# Misfiring



## gransport3800 (Jun 21, 2013)

I just bought a '98 Maxima for real cheap and it needs some work. It has a misfire on cyl # 3. It's getting fuel and spark. I pulled some codes out of the computer, one for the knock sensor bank 1, IAT sensor, O2 sensor which is probably because of the misfire and of course cyl 3 misfire. I'm thinking that a faulty knock sensor might lead to early or late timing. Is this possible on just the one cylinder? What are the resistance values for the knock sensor and the IAT in case that has something to do with it as well?


----------



## smj999smj (Jan 1, 2006)

A knock sensor will not cause a misfire. All it does is sense engine knock and signal the ECM, which in turn retards the ignition timing to help prevent engine damage. The fact that it is misfiring is probably the reason the knock sensor code is set. There's a very good chance that the oxygen sensor is bad, as they were a fairly common problem. Ignition coils and bad harness connectors for the ignition coils are fairly common problems as well. Another problem sometimes seen is wire breakage in the EGI harness in the bend between the engine and the firewall, which can cause a multitude of codes. A bad fuel injector could cause your misfire and isolate it to one cylinder. I've also witnessed a lot of rodent damage to the wiring of A32 Maximas. 
To test the knock sensor:

Disconnect knock sensor sub-harness connector.
Check resistance between terminal (2) and ground. Approximately 500 - 620 k Ohms [at 25°C (77°F)] .

It is necessary to use an ohmmeter which can measure more than 10 M Ohms.

For the IAT:
@68 degrees F., 2.1-2.9 k Ohms
@ 176 degrees F., 0.27-0.38 Ohms


----------



## gransport3800 (Jun 21, 2013)

What is the resistance range of the O2 sensor?


----------



## gransport3800 (Jun 21, 2013)

Also I checked the IAT, has a resistance of 1.80 on the 20k ohm setting and it's 78 degrees outside, is that right? It does have 4.8 volts to the sensor. The O2 sensor code is 141 bank 1 sensor 2, that's the one after the catalytic, correct? I also tested the resistance of all the fuel injectors and they were all the same.


----------



## gransport3800 (Jun 21, 2013)

Update, I think I've narrowed it down to a bad valve seal. I took it for a test drive and it blows quite a bit of blue smoke out the tailpipe, there is also a bit of oil on the end of the #3 cylinder spark plug. I did a compression test on it to rule out the piston rings, it has 150 psi. Has anyone ever changed the valve seals on this engine, how big of a pain in the ass is it? It is the V6 3000 DOHC.


----------



## smj999smj (Jan 1, 2006)

I've never heard of a valve seal fail on a VQ engine, but that certainly doesn't mean it can't. Replacing them would be a major pain!

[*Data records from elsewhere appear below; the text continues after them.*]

-- ===== src/Toolloop/Tools/Answers.antt =====
-- internal/toolloop/tools.go: what a tool call answers.
use mathlib.Core.List.{Memᴰ}
use dispute_router.Common.{
  ℕ, suc, ◌≡◌, ◌⊎◌, inl, inr, ◌≤◌, Bool, true, false, none, some, ltb, length, arith, Bool-cases,
  Option-cases, All, ◌≢◌, String, str_eq, eq_iff, List, [], ◌∷◌, refl, subst,
}
use dispute_router.Llm.{ToolUse}
use dispute_router.Toolloop.Tools.{
  not_refused, unknown_tool, result_too_large, ToolResult, wraps_invalid_arguments,
  wraps_invalid_input, wraps_not_found, other_error, Invoked, value, not_encodable, raised,
  Definition, Wording, Registry, max_result_bytes, by_name, rule_for, refuse, refused_by, settle,
  run_tool,
}

-- How an invocation is answered.
abbrev pub Settled : Wording → ToolUse → Invoked → ToolResult → Type 0
Settled w u not_encodable res = ⊥
Settled w u (raised e text) res =
    (res.is_error ≡ true) × (rule_for e ≡ some res.rule) × (res.content ≡ text)
Settled w u (value encoded) res =
    ((length encoded ≤ max_result_bytes)
      × (res
          ≡ record { tool_use_id = u.id; content = encoded; is_error = false; rule = not_refused }))
    ⊎ ((suc max_result_bytes ≤ length encoded)
        × (res.is_error ≡ true)
        × (res.rule ≡ result_too_large))

-- The answer is what an entry of the catalog brought, whole and of the length allowed, or it is marked as an
-- error under the rule that fits what happened.
abbrev pub Fits : Registry → ℕ → ToolUse → ToolResult → Type 0
Fits r turn u res =
    (res.tool_use_id ≡ u.id)
    × ((All (λ d. d.tool.name ≢ u.name) r.catalog
          × (res.is_error ≡ true)
          × (res.rule ≡ unknown_tool))
        ⊎ ((def : Definition) × Memᴰ def r.catalog
            × (def.tool.name ≡ u.name)
            × Settled r.wording u (def.invoke turn u.input) res))

-- The map has an entry for a name exactly when the catalog has one with it.
by_name-none :
    (name : String) (ds : List Definition)
    → by_name name ds ≡ none
    → All (λ d. d.tool.name ≢ name) ds
unfolding by_name
by_name-none name [] h = tt
by_name-none name (d ∷ ds) h = elim (Option-cases (by_name name ds)) [
  | inr (e, k) ↦ absurd (ground (arith, k))
  | inl k ↦ elim (Bool-cases (str_eq d.tool.name name)) [
    | inl q ↦ absurd (ground (arith, k, q))
    | inr q ↦
        ((λ same. ground (arith, q, (eq_iff d.tool.name name).1 same)), by_name-none name ds k)
  ]
]

by_name-some :
    (name : String) (ds : List Definition) (def : Definition)
    → by_name name ds ≡ some def
    → Memᴰ def ds × (def.tool.name ≡ name)
unfolding by_name
by_name-some name [] def h = absurd (ground arith)
by_name-some name (d ∷ ds) def h = elim (Option-cases (by_name name ds)) [
  | inr (e, k) ↦ let (m, same) = by_name-some name ds def (ground (arith, k)) in (Memᴰ.tail m, same)
  | inl k ↦ elim (Bool-cases (str_eq d.tool.name name)) [
    | inr q ↦ absurd (ground (arith, k, q))
    | inl q ↦
        let same : d ≡ def = ground (arith, k, q) in
        subst (λ x. Memᴰ x (d ∷ ds) × (x.tool.name ≡ name)) same
          (Memᴰ.head refl, (eq_iff d.tool.name name).0 q)
  ]
]

settle-Settled :
    (w : Wording) (cancelled : Bool) (u : ToolUse) (inv : Invoked) (res : ToolResult)
    → settle w cancelled u inv ≡ some res
    → (res.tool_use_id ≡ u.id) × Settled w u inv res
unfolding settle refused_by rule_for refuse
settle-Settled w cancelled u not_encodable res h = ground arith
settle-Settled w true u (raised e text) res h = ground arith
settle-Settled w false u (raised wraps_invalid_arguments text) res h = ground arith
settle-Settled w false u (raised wraps_invalid_input text) res h = ground arith
settle-Settled w false u (raised wraps_not_found text) res h = ground arith
settle-Settled w false u (raised other_error text) res h = ground arith
settle-Settled w cancelled u (value encoded) res h =
    elim (Bool-cases (ltb max_result_bytes (length encoded))) [
      | inl e ↦ (ground arith, inr (ground arith, ground arith, ground arith))
      | inr e ↦ (ground arith, inl (ground arith, ground arith))
    ]

-- A tool call that does not end the run answers the id that it was asked under. Either no entry of the catalog has the
-- name that it asks for, and it is refused as unknown, or an entry of that name is invoked: the answer is
-- then the JSON of the value, whole and within the limit, or a refusal by the rule for the error, or for a value
-- over the limit.
pub run_tool-Fits :
    (r : Registry) (cancelled : Bool) (turn : ℕ) (u : ToolUse) (res : ToolResult)
    → run_tool r cancelled turn u ≡ some res
    → Fits r turn u res
unfolding run_tool refuse
run_tool-Fits r cancelled turn u res h = elim (Option-cases (by_name u.name r.catalog)) [
  | inl e ↦ (
    ground (arith, e),
    inl (by_name-none u.name r.catalog e, ground (arith, e), ground (arith, e)),
  )
  | inr (def, e) ↦
      let (id, s) =
        settle-Settled r.wording cancelled u (def.invoke turn u.input) res
          (rw (e, run_tool) at h) in
      let (m, same) = by_name-some u.name r.catalog def e in (id, inr (def, m, same, s))
]
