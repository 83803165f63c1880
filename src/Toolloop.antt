-- ===== src/Toolloop.antt =====
-- internal/toolloop/loop.go: a model driven over a set of tools until it ends or meets a ceiling. What the model
-- answers, when the context is cancelled, and what each tool brings at each turn are parameters; the time
-- that calls take is left out. Costs are not negative and fit an int64.
pub mod Tools
pub mod Ends
pub mod Spend
pub mod Halts
pub mod Talk
use dispute_router.Common.{
  ℕ, zero, suc, ◌+◌, ◌-◌, String, str_eq, Bool, true, false, not, ◌&&◌, ◌||◌, List, [], ◌∷◌, ◌++◌,
  Option, none, some, ltb, leb, if◌then◌else◌, length, map,
}
use dispute_router.Common.Bytes.{Bytes}
use dispute_router.Llm.{
  ContentBlock, empty_block, text_block, Message, Request, Response, ToolUse, Usage, no_usage,
  add_usage,
}
use dispute_router.Llm.Pricing.{Pricing, cost}
use dispute_router.Toolloop.Tools.{Registry, ToolResult, Rule, not_refused, tools_of, run_tool}

-- `Halt`.
pub data Halt : Type 0 where
  completed turn_ceiling budget_exceeded output_truncated unexpected_stop_reason : Halt

-- `Halt.Done`.
unfoldable pub done : Halt → Bool
done completed = true
done _ = false

-- `Budget`; a cost of zero is no ceiling.
pub record Budget : Type 0 where
  pub max_turns : ℕ
  pub max_cost_micros : ℕ
  pub max_tokens : ℕ

-- `ToolCall`.
pub record ToolCall : Type 0 where
  pub name : String
  pub input : Bytes
  pub result_bytes : ℕ
  pub is_error : Bool
  pub rule : Rule

-- `Turn`.
pub record Turn : Type 0 where
  pub index : ℕ
  pub stop_reason : String
  pub usage : Usage
  pub cost_micros : ℕ
  pub tool_calls : List ToolCall

-- `Result`.
pub record RunResult : Type 0 where
  pub text : Bytes
  pub halt : Halt
  pub stop_reason : String
  pub turns : List Turn
  pub usage : Usage
  pub cost_micros : ℕ
  pub messages : List Message

-- `Loop`.
pub record Loop : Type 0 where
  pub registry : Registry
  pub pricing : Pricing
  pub budget : Budget
  pub model : String

-- What the outside does: at the start of a turn, whether the context is done; what the model answers; and for
-- each tool call of a turn, whether its context was done when the tool failed.
pub record World : Type 0 where
  pub is_cancelled : ℕ → Bool
  pub complete : ℕ → Request → Option Response
  pub is_call_cancelled : ℕ → ℕ → Bool

pub data LoopError : Type 0 where
  cancelled : LoopError
  turn_failed : ℕ → LoopError
  tool_failed : LoopError

-- What `Run` returns.
pub record Returned : Type 0 where
  pub result : RunResult
  pub error : Option LoopError

unfoldable pub tool_uses_in : List ContentBlock → List ToolUse
tool_uses_in [] = []
tool_uses_in (b ∷ content) =
    let rest = tool_uses_in content in
    if str_eq b.kind "tool_use"
    then record { id = b.id; name = b.name; input = b.input } ∷ rest
    else rest

abbrev written : Bytes → Bytes → Bytes
written [] text = text
written (c ∷ sofar) text = (c ∷ sofar) ++ (b'\n' ∷ text)

-- The loop of `textOf`.
unfoldable pub text_from : Bytes → List ContentBlock → Bytes
text_from sofar [] = sofar
text_from sofar (b ∷ content) =
    text_from (if str_eq b.kind "text" then written sofar b.text else sofar) content

-- `textOf`.
unfoldable pub text_of : List ContentBlock → Bytes
unfolding text_from
text_of content = text_from [] content

-- `ToolResult.block`.
unfoldable pub result_block : ToolResult → ContentBlock
result_block r = record empty_block {
  kind = "tool_result";
  tool_use_id = r.tool_use_id;
  content = r.content;
  is_error = r.is_error;
}

unfoldable pub tool_call : ToolUse → ToolResult → ToolCall
tool_call u r = record {
  name = u.name;
  input = u.input;
  result_bytes = length r.content;
  is_error = r.is_error;
  rule = r.rule;
}

unfoldable pub slot_of : ToolUse → Option ToolResult → Option (ContentBlock × ToolCall)
unfolding result_block tool_call
slot_of u none = none
slot_of u (some r) = some (result_block r, tool_call u r)

-- The goroutines of `runTools`: the slots that each fills, or neither.
unfoldable pub fill_slots :
    Registry → (ℕ → Bool) → ℕ → ℕ → List ToolUse → List (Option (ContentBlock × ToolCall))
unfolding slot_of
fill_slots r flags turn i [] = []
fill_slots r flags turn i (u ∷ uses) =
    slot_of u (run_tool r (flags i) turn u) ∷ fill_slots r flags turn (suc i) uses

-- The calls that `completed` keeps: those with a name.
unfoldable pub completed_calls : List (Option (ContentBlock × ToolCall)) → List ToolCall
completed_calls [] = []
completed_calls (none ∷ slots) = completed_calls slots
completed_calls (some (b, c) ∷ slots) =
    let rest = completed_calls slots in if str_eq c.name "" then rest else c ∷ rest

unfoldable pub both_slots :
    ContentBlock
    → ToolCall
    → Option (List ContentBlock × List ToolCall)
    → Option (List ContentBlock × List ToolCall)
both_slots b c none = none
both_slots b c (some (bs, cs)) = some (b ∷ bs, c ∷ cs)

-- The two slices, when every goroutine filled its slots.
unfoldable pub all_slots :
    List (Option (ContentBlock × ToolCall)) → Option (List ContentBlock × List ToolCall)
unfolding both_slots
all_slots [] = some ([], [])
all_slots (none ∷ slots) = none
all_slots (some (b, c) ∷ slots) = both_slots b c (all_slots slots)

-- `finish`.
unfoldable pub finish : RunResult → Turn → RunResult
finish r entry = record r {
  turns = r.turns ++ (entry ∷ []);
  usage = add_usage r.usage entry.usage;
  cost_micros = r.cost_micros + entry.cost_micros;
}

-- What one round of the loop comes to.
pub data Next : Type 0 where
  stop : Returned → Next
  go : List Message → RunResult → Next

abbrev pub returned : RunResult → Next
returned r = stop record { result = r; error = none }

unfoldable pub request_of : Loop → Bytes → List Message → Request
request_of l system messages = record {
  model = l.model;
  system = system;
  messages = messages;
  tools = tools_of l.registry.catalog;
  max_tokens = l.budget.max_tokens;
  cache_system = true;
}

unfoldable pub turn_of : Loop → ℕ → Response → Turn
turn_of l turn response = record {
  index = turn;
  stop_reason = response.stop_reason;
  usage = response.usage;
  cost_micros = cost l.pricing response.usage;
  tool_calls = [];
}

abbrev pub assistant_message : Response → Message
assistant_message response = record { role = "assistant"; blocks = response.blocks }

abbrev pub user_message : List ContentBlock → Message
user_message blocks = record { role = "user"; blocks = blocks }

-- The case "tool_use" after the tools have run.
unfoldable pub after_tools :
    List Message
    → RunResult
    → Turn
    → List (Option (ContentBlock × ToolCall))
    → Option (List ContentBlock × List ToolCall)
    → Next
unfolding finish completed_calls
after_tools messages r entry slots none = stop record {
  result = finish r (record entry { tool_calls = completed_calls slots });
  error = some tool_failed;
}
after_tools messages r entry slots (some (results, calls)) =
    go (messages ++ (user_message results ∷ [])) (finish r (record entry { tool_calls = calls }))

-- The case "tool_use".
unfoldable pub use_tools : Loop → World → ℕ → List Message → RunResult → Turn → List ToolUse → Next
unfolding after_tools fill_slots all_slots finish
use_tools l w turn messages r entry [] = returned (
    finish
      (record r { halt = unexpected_stop_reason; stop_reason = "tool_use_without_tool_use_block" })
      entry)
use_tools l w turn messages r entry (u ∷ uses) =
    let slots = fill_slots l.registry (w.is_call_cancelled turn) turn 0 (u ∷ uses) in
    after_tools messages r entry slots (all_slots slots)

-- The cases that end the run with `halt`.
unfoldable pub end_run : List Message → RunResult → Turn → Halt → Next
unfolding finish
end_run messages r entry halt =
    returned (record (finish (record r { halt = halt }) entry) { messages = messages })

-- The switch on stop_reason.
unfoldable pub switch : Loop → World → ℕ → List Message → RunResult → Response → Next
unfolding use_tools end_run turn_of tool_uses_in
switch l w turn messages r response =
    if str_eq response.stop_reason "tool_use"
    then use_tools l w turn messages r (turn_of l turn response) (tool_uses_in response.blocks)
    else if str_eq response.stop_reason "end_turn" || str_eq response.stop_reason "stop_sequence"
    then end_run messages r (turn_of l turn response) completed
    else if str_eq response.stop_reason "max_tokens"
    then end_run messages r (turn_of l turn response) output_truncated
    else end_run messages r (turn_of l turn response) unexpected_stop_reason

-- What follows the call of the model.
unfoldable pub heard : Loop → World → ℕ → List Message → RunResult → Option Response → Next
unfolding switch text_of
heard l w turn messages r none = stop record { result = r; error = some (turn_failed turn) }
heard l w turn messages r (some response) =
    switch l w turn (messages ++ (assistant_message response ∷ []))
      (record r { text = text_of response.blocks; stop_reason = response.stop_reason }) response

unfoldable pub is_spent : Budget → ℕ → Bool
is_spent b micros = ltb 0 b.max_cost_micros && leb b.max_cost_micros micros

-- The body of the loop.
unfoldable pub round : Loop → World → Bytes → ℕ → List Message → RunResult → Next
unfolding heard is_spent request_of
round l w system turn messages r =
    if w.is_cancelled turn
    then stop record { result = r; error = some cancelled }
    else if is_spent l.budget r.cost_micros
    then returned (record r { halt = budget_exceeded })
    else heard l w turn messages r (w.complete turn (request_of l system messages))

-- The loop, with `left` turns of MaxTurns to go.
unfoldable pub run_from : Loop → World → Bytes → ℕ → ℕ → List Message → RunResult → Returned
run_from l w system zero turn messages r = record {
  result = record r { messages = messages };
  error = none;
}
run_from l w system (suc left) turn messages r = elim (round l w system turn messages r) [
  | stop out ↦ out
  | go messages' r' ↦ run_from l w system left (suc turn) messages' r'
]

unfoldable pub first_messages : Bytes → List Message
first_messages prompt = user_message (text_block prompt ∷ []) ∷ []

abbrev pub first_result : RunResult
first_result = record {
  text = [];
  halt = turn_ceiling;
  stop_reason = "";
  turns = [];
  usage = no_usage;
  cost_micros = 0;
  messages = [];
}

-- `Run`.
unfoldable pub run : Loop → World → Bytes → Bytes → Returned
unfolding run_from first_messages
run l w system prompt =
    run_from l w system l.budget.max_turns 0 (first_messages prompt) first_result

Labor guide time is 16.7 hours just for the right side bank, or 20.0 hours for both banks.


----------



## gransport3800 (Jun 21, 2013)

I've recently been told that a bad valve seal would only blow smoke upon start up and then go away, this car blows smoke going down the road and when you rev it up. If it is the rings or head gasket I wouldn't be able to get 150 psi of compression right? I also checked the PCV valve and that is good, I even ran the car without it after plugging the line going to it.


----------



## smj999smj (Jan 1, 2006)

You can test rings and the head gaskets by doing a cylinder leakdown test. I would recommend doing a fuel pressure leakdown test as I have seen some fuel injectors leak on the VQ engines; it could be the issue at #3 cylinder.


----------



## kxco111 (Aug 14, 2013)

Its main problem in the engine that create problem to misfire my opinion you must check the engine to the mechanic and change the oil of the engine its may be the factor of the misfire...


----------



## rogoman (Dec 16, 2004)

gransport3800 said:


> I've recently been told that a bad valve seal would only blow smoke upon start up and then go away, this car blows smoke going down the road and when you rev it up. If it is the rings or head gasket I wouldn't be able to get 150 psi of compression right? I also checked the PCV valve and that is good, I even ran the car without it after plugging the line going to it.


If the oil rings are worn, you can still have compression that's within spec. A very simple way to test for oil burning is to first fully warm up the motor. Stand behind the car. Have someone rev the motor to 4,000 RPM and hold at that RPM for about 15 seconds. If you see a lot of blue smoke come out of the tailpipe, the motor is burning excessive oil. If it's black smoke, then it may be leaking fuel injectors.


----------